About BEAD

Dementia is usually considered a syndrome mainly attributed to older people that is, furthermore, not curable. However, over the last years it has become apparent that a third of dementia cases might be prevented by reducing certain risk factors. The aim of our project “Optimizing the Aging Brain? Situating Ethical Aspects of Dementia Prevention” (BEAD) is to identify new intricacies arising from dementia prevention and to dissect this novel understanding with regard to its underlying assumptions and norms. We further seek to analyze new dementia in its social, ethical, epistemological and technology-related implications by comparing the ramifications in three countries: Germany, Canada and Switzerland.
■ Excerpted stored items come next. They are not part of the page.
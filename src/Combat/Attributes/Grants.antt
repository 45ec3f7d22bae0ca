-- ===== src/Combat/Attributes/Grants.antt =====
-- combat/attributes.go: Grant and Revoke keep the sums balanced, undo one another and commute.
use roost_skill.Common.{
  ℕ, List, [], ◌∷◌, Option, none, some, ◌≡◌, ◌≢◌, refl, sym, ap, ◌∙◌, arith, subst, inl, inr,
  Option-cases,
}
use roost_skill.Common.Int.{ℤ, pos, ◌+ℤ◌, ◌-ℤ◌, int_laws, wrap64}
use roost_skill.Common.Maps.{
  Map, lookup, insert, erase, KeysUnique, insert-KeysUnique, erase-KeysUnique, lookup-erase,
  erase_absent, lookup-insert, lookup-insert_self,
}
use roost_skill.Combat.Attributes.{
  Modifier, AttributeSet, value_of, notify, add_modifier, add_modifiers, remove_modifier,
  remove_modifiers, revoke, install, grant, current, resolve_value,
}
use roost_skill.Combat.Attributes.Sums.{
  mods, total, IsBalanced, add_modifiers_lem, remove_modifiers_lem, total-erase, total-insert,
  add_zero, sub_zero,
}

-- Revoking a handle, known or not, keeps a balanced set balanced: every flat and rate sum is the
-- int64 of the exact sum over the grants that stay, and no handle has two grants.
pub revoke-IsBalanced : (h : ℕ) (set : AttributeSet) → IsBalanced set → IsBalanced (revoke h set)
unfolding revoke
revoke-IsBalanced h set b = elim (Option-cases (lookup h set.grants)) [
  | inl e ↦ rw (e, revoke) b
  | inr (ms, e) ↦
      rw (e, revoke)
        (let held = record set { grants = erase h set.grants } in
          let r = λ (id : ℕ). remove_modifiers_lem id ms _ _ held (b.flats id) (b.rates id) in
          record {
            unique = subst KeysUnique (sym (r 0).2) (erase-KeysUnique h set.grants b.unique);
            flats = λ id.
                (r id).0
                ∙ ap wrap64 (
                    total-erase (λ m. m.flat) id h ms set.grants b.unique e
                    ∙ ap (total (λ m. m.flat) id) (sym (r id).2));
            rates = λ id.
                (r id).1
                ∙ ap wrap64 (
                    total-erase (λ m. m.rate_bp) id h ms set.grants b.unique e
                    ∙ ap (total (λ m. m.rate_bp) id) (sym (r id).2));
          })
]

-- The loops write neither bases nor bounds nor grants.
abbrev Framed : AttributeSet → AttributeSet → Type 0
Framed a b = (a.base ≡ b.base) × (a.bounds ≡ b.bounds) × (a.grants ≡ b.grants)

add_modifiers-Framed : (ms : List Modifier) (set : AttributeSet) → Framed (add_modifiers ms set) set
unfolding add_modifiers add_modifier notify
add_modifiers-Framed [] set = (refl, refl, refl)
add_modifiers-Framed (m ∷ ms) set = ground (arith, add_modifiers-Framed ms (add_modifier m set))

remove_modifiers-Framed :
    (ms : List Modifier) (set : AttributeSet) → Framed (remove_modifiers ms set) set
unfolding remove_modifiers remove_modifier notify
remove_modifiers-Framed [] set = (refl, refl, refl)
remove_modifiers-Framed (m ∷ ms) set =
    ground (arith, remove_modifiers-Framed ms (remove_modifier m set))

-- After Revoke the handle has no grant.
revoke-grants : (h : ℕ) (set : AttributeSet) → (revoke h set).grants ≡ erase h set.grants
unfolding revoke
revoke-grants h set = elim (Option-cases (lookup h set.grants)) [
  | inl e ↦ rw (e, revoke) (sym (erase_absent h set.grants e))
  | inr (ms, e) ↦ rw (e, revoke) (remove_modifiers-Framed ms _).2
]

lookup-revoke : (h : ℕ) (set : AttributeSet) → lookup h (revoke h set).grants ≡ none
lookup-revoke h set =
    ap (lookup h) (revoke-grants h set) ∙ lookup-erase h h set.grants ∙ ground arith

install-IsBalanced :
    (h : ℕ) (ms : List Modifier) (set : AttributeSet)
    → lookup h set.grants ≡ none
    → IsBalanced set
    → IsBalanced (install h ms set)
unfolding install
install-IsBalanced h [] set e b = b
install-IsBalanced h (m ∷ ms) set e b =
    let held = record set { grants = insert h (m ∷ ms) set.grants } in
    let r = λ (id : ℕ). add_modifiers_lem id (m ∷ ms) _ _ held (b.flats id) (b.rates id) in
    record {
      unique = subst KeysUnique (sym (r 0).2) (insert-KeysUnique h (m ∷ ms) set.grants b.unique);
      flats = λ id.
          (r id).0
          ∙ ap wrap64 (
              sym (total-insert (λ m. m.flat) id h (m ∷ ms) set.grants e)
              ∙ ap (total (λ m. m.flat) id) (sym (r id).2));
      rates = λ id.
          (r id).1
          ∙ ap wrap64 (
              sym (total-insert (λ m. m.rate_bp) id h (m ∷ ms) set.grants e)
              ∙ ap (total (λ m. m.rate_bp) id) (sym (r id).2));
    }

-- Granting, under a new or a known handle, keeps a balanced set balanced: every flat and rate sum is
-- the int64 of the exact sum over the grants that then live, and no handle has two grants.
pub grant-IsBalanced :
    (h : ℕ) (ms : List Modifier) (set : AttributeSet) → IsBalanced set → IsBalanced (grant h ms set)
unfolding grant
grant-IsBalanced h ms set b =
    install-IsBalanced h ms (revoke h set) (lookup-revoke h set) (revoke-IsBalanced h set b)

abbrev planted : ℕ → List Modifier → AttributeSet → AttributeSet
planted h ms set = record set { grants = insert h ms set.grants }

-- Neither Grant nor Revoke writes a base or a bound.
abbrev pub SameConfig : AttributeSet → AttributeSet → Type 0
SameConfig a b = (a.base ≡ b.base) × (a.bounds ≡ b.bounds)

revoke-SameConfig : (h : ℕ) (set : AttributeSet) → SameConfig (revoke h set) set
unfolding revoke
revoke-SameConfig h set = elim (Option-cases (lookup h set.grants)) [
  | inl e ↦ rw (e, revoke) (refl, refl)
  | inr (ms, e) ↦
      rw (e, revoke) ((remove_modifiers-Framed ms _).0, (remove_modifiers-Framed ms _).1)
]

install-SameConfig :
    (h : ℕ) (ms : List Modifier) (set : AttributeSet) → SameConfig (install h ms set) set
unfolding install
install-SameConfig h [] set = (refl, refl)
install-SameConfig h (m ∷ ms) set = (
  (add_modifiers-Framed (m ∷ ms) (planted h (m ∷ ms) set)).0,
  (add_modifiers-Framed (m ∷ ms) (planted h (m ∷ ms) set)).1,
)

grant-SameConfig :
    (h : ℕ) (ms : List Modifier) (set : AttributeSet) → SameConfig (grant h ms set) set
unfolding grant
grant-SameConfig h ms set =
    let i = install-SameConfig h ms (revoke h set) in
    let r = revoke-SameConfig h set in (i.0 ∙ r.0, i.1 ∙ r.1)

-- What the grant under a handle, if any, adds to an attribute.
abbrev held : (Modifier → ℤ) → ℕ → Option (List Modifier) → ℤ
held f id none = pos 0
held f id (some ms) = mods f id ms

-- The total after a grant: the handle's old modifiers leave and the new ones come.
total-erase-held :
    (f : Modifier → ℤ) (id h : ℕ) (g : Map (List Modifier))
    → KeysUnique g
    → total f id (erase h g) ≡ total f id g -ℤ held f id (lookup h g)
total-erase-held f id h g u = elim (Option-cases (lookup h g)) [
  | inl e ↦ rw e (ap (total f id) (erase_absent h g e) ∙ sym (sub_zero (total f id g)))
  | inr (ms, e) ↦ rw e (sym (total-erase f id h ms g u e))
]

install-total :
    (f : Modifier → ℤ) (id h : ℕ) (ms : List Modifier) (set : AttributeSet)
    → lookup h set.grants ≡ none
    → total f id (install h ms set).grants ≡ total f id set.grants +ℤ mods f id ms
unfolding install
install-total f id h [] set e = sym (add_zero _)
install-total f id h (m ∷ ms) set e =
    ap (total f id) (add_modifiers-Framed (m ∷ ms) (planted h (m ∷ ms) set)).2
    ∙ total-insert f id h (m ∷ ms) set.grants e

grant-total :
    (f : Modifier → ℤ) (id h : ℕ) (ms : List Modifier) (set : AttributeSet)
    → KeysUnique set.grants
    → total f id (grant h ms set).grants
      ≡ total f id set.grants -ℤ held f id (lookup h set.grants) +ℤ mods f id ms
unfolding grant
grant-total f id h ms set u =
    install-total f id h ms (revoke h set) (lookup-revoke h set)
    ∙ ap (λ g. total f id g +ℤ mods f id ms) (revoke-grants h set)
    ∙ ap (λ t. t +ℤ mods f id ms) (total-erase-held f id h set.grants u)

-- A grant under another handle stays as it was.
install-lookup_ne :
    (j h : ℕ) (ms : List Modifier) (set : AttributeSet)
    → h ≢ j
    → lookup j (install h ms set).grants ≡ lookup j set.grants
unfolding install
install-lookup_ne j h [] set ne = refl
install-lookup_ne j h (m ∷ ms) set ne =
    ap (lookup j) (add_modifiers-Framed (m ∷ ms) (planted h (m ∷ ms) set)).2
    ∙ lookup-insert j h (m ∷ ms) set.grants
    ∙ ground arith

grant-lookup_ne :
    (j h : ℕ) (ms : List Modifier) (set : AttributeSet)
    → h ≢ j
    → lookup j (grant h ms set).grants ≡ lookup j set.grants
unfolding grant
grant-lookup_ne j h ms set ne =
    install-lookup_ne j h ms (revoke h set) ne
    ∙ ap (lookup j) (revoke-grants h set)
    ∙ lookup-erase j h set.grants
    ∙ ground arith

-- In a balanced set the value of an attribute is a function of its base, its bounds and the exact
-- sums of the live modifiers.
current-total :
    (id : ℕ) (set : AttributeSet)
    → IsBalanced set
    → current id set
      ≡ resolve_value
          (value_of id set.base)
          (wrap64 (total (λ m. m.flat) id set.grants))
          (wrap64 (total (λ m. m.rate_bp) id set.grants))
          (lookup id set.bounds)
unfolding current
current-total id set b = rw (b.flats id, b.rates id)

same_current :
    (id : ℕ) (a b : AttributeSet)
    → IsBalanced a
    → IsBalanced b
    → SameConfig a b
    → ((f : Modifier → ℤ) → total f id a.grants ≡ total f id b.grants)
    → current id a ≡ current id b
same_current id a b ba bb c t =
    current-total id a ba
    ∙ rw (c.0, c.1, t (λ m. m.flat), t (λ m. m.rate_bp)) (sym (current-total id b bb))

swap_grants : (t a b c d : ℤ) → t -ℤ a +ℤ b -ℤ c +ℤ d ≡ t -ℤ c +ℤ d -ℤ a +ℤ b
swap_grants t a b c d = omega int_laws

two_totals :
    (f : Modifier → ℤ) (id h k : ℕ) (ms ns : List Modifier) (set : AttributeSet)
    → IsBalanced set
    → k ≢ h
    → total f id (grant h ms (grant k ns set)).grants
      ≡ total f id set.grants
        -ℤ held f id (lookup k set.grants)
        +ℤ mods f id ns
        -ℤ held f id (lookup h set.grants)
        +ℤ mods f id ms
two_totals f id h k ms ns set b ne =
    grant-total f id h ms (grant k ns set) (grant-IsBalanced k ns set b).unique
    ∙ ap (λ o. total f id (grant k ns set).grants -ℤ held f id o +ℤ mods f id ms)
        (grant-lookup_ne h k ns set ne)
    ∙ ap (λ t. t -ℤ held f id (lookup h set.grants) +ℤ mods f id ms)
        (grant-total f id k ns set b.unique)

two_grants-SameConfig :
    (h k : ℕ) (ms ns : List Modifier) (set : AttributeSet)
    → SameConfig (grant h ms (grant k ns set)) set
two_grants-SameConfig h k ms ns set =
    let x = grant-SameConfig h ms (grant k ns set) in
    let y = grant-SameConfig k ns set in (x.0 ∙ y.0, x.1 ∙ y.1)

-- In a balanced set, two grants under different handles give the same values in either order.
pub grant_comm :
    (id h k : ℕ) (ms ns : List Modifier) (set : AttributeSet)
    → IsBalanced set
    → h ≢ k
    → current id (grant h ms (grant k ns set)) ≡ current id (grant k ns (grant h ms set))
grant_comm id h k ms ns set b ne =
    let x = two_grants-SameConfig h k ms ns set in
    let y = two_grants-SameConfig k h ns ms set in
    same_current id (grant h ms (grant k ns set)) (grant k ns (grant h ms set))
      (grant-IsBalanced h ms _ (grant-IsBalanced k ns set b))
      (grant-IsBalanced k ns _ (grant-IsBalanced h ms set b)) (x.0 ∙ sym y.0, x.1 ∙ sym y.1)
      λ f.
        two_totals f id h k ms ns set b (λ e. ne (sym e))
        ∙ swap_grants (total f id set.grants) (held f id (lookup k set.grants)) (mods f id ns)
            (held f id (lookup h set.grants)) (mods f id ms)
        ∙ sym (two_totals f id k h ns ms set b ne)

grant-held :
    (f : Modifier → ℤ) (id h : ℕ) (ms : List Modifier) (set : AttributeSet)
    → held f id (lookup h (grant h ms set).grants) ≡ mods f id ms
unfolding grant install
grant-held f id h [] set = ap (held f id) (lookup-revoke h set)
grant-held f id h (m ∷ ms) set =
    ap (λ g. held f id (lookup h g))
      (add_modifiers-Framed (m ∷ ms) (planted h (m ∷ ms) (revoke h set))).2
    ∙ ap (held f id) (lookup-insert_self h (m ∷ ms) (revoke h set).grants)

undo_total : (t m : ℤ) → t -ℤ pos 0 +ℤ m -ℤ m ≡ t
undo_total t m = omega int_laws

-- In a balanced set, revoking what was granted under a free handle restores every value.
pub revoke-grant :
    (id h : ℕ) (ms : List Modifier) (set : AttributeSet)
    → IsBalanced set
    → lookup h set.grants ≡ none
    → current id (revoke h (grant h ms set)) ≡ current id set
revoke-grant id h ms set b free =
    let x = revoke-SameConfig h (grant h ms set) in
    let y = grant-SameConfig h ms set in
    same_current id (revoke h (grant h ms set)) set
      (revoke-IsBalanced h _ (grant-IsBalanced h ms set b)) b (x.0 ∙ y.0, x.1 ∙ y.1)
      λ f.
        ap (total f id) (revoke-grants h (grant h ms set))
        ∙ total-erase-held f id h (grant h ms set).grants (grant-IsBalanced h ms set b).unique
        ∙ ap (λ m. total f id (grant h ms set).grants -ℤ m) (grant-held f id h ms set)
        ∙ ap (λ t. t -ℤ mods f id ms)
            (grant-total f id h ms set b.unique
              ∙ ap (λ o. total f id set.grants -ℤ held f id o +ℤ mods f id ms) free)
        ∙ undo_total (total f id set.grants) (mods f id ms)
The emphasis of this project lies on understanding dementia prevention as a complex issue that must be addressed in a context-sensitive way. Not all risks can be attributed as solely the responsibility of the individual nor as a scientific problem, as it can be seen from risk factors such as educational inequality and social isolation. As a consequence, the analysis of risk factors might be less successful or even useless if structural factors are not taken into consideration. It becomes clear from this that dementia prevention must encompass the views of a wide range of people, not just a few experts – such as ethicists and natural scientists –, but also people involved with patient groups, political institutions, insurance agencies, etc. Therefore, we decided to adopt a comparative, qualitative empirical stakeholder interview study including scientists, technologists and public stakeholders. In addition, we carry out a comparative discourse analysis of significant public and policy documents to complement our findings (e.g., media coverage, policy guidelines). Moreover, we seek to unravel the situatedness of prevention-related factors in a hitherto predominantly medical understanding of dementia by conducting in-depth ethnographic research in a variety of settings.

It is also clear that new developments in medicine and technology, such as early diagnosis and the improvement of medical treatment, can have an impact on preventive measures and lifestyle choices taken by individuals. Therefore, reactions to these measures can vary depending on personal circumstances and socio-cultural environments. Such new technologies of “self-optimization” – that are predicted to play a key role in the new dementia – are also distributed, accepted and integrated differently in different national contexts. We believe that related ethical issues are also highly context-dependent, an often-neglected perspective in bioethics.

Our objective is to provide a nuanced and empirically informed analysis of dementia prevention. In order to achieve this, the project’s methodology follows a combination of approaches that in its complementarity should not only map the current changes, but also critically appraise present understandings of dementia prevention. The project, therefore, works on

1. a comparative, qualitative empirical stakeholder interview study including scientists, technologists and public stakeholders,
2. a comparative discourse analysis of significant public and policy documents (e.g., media coverage, policy guidelines),
3. focused ethnographies that capture perspectives from everyday clinical and community life,
4. an integrative analysis of the epistemological, ethical, and social implications,
5. use of interdisciplinary methodologies (discourse analysis, ethnography, expert interviews from the perspectives of (bio-)ethics, medical anthropology, and philosophy) to develop a framework for ethical, social and policy aspects,
6. tailored knowledge translations for different stakeholders (the lay public, public stakeholders) for increasing understanding of the new dementia prevention.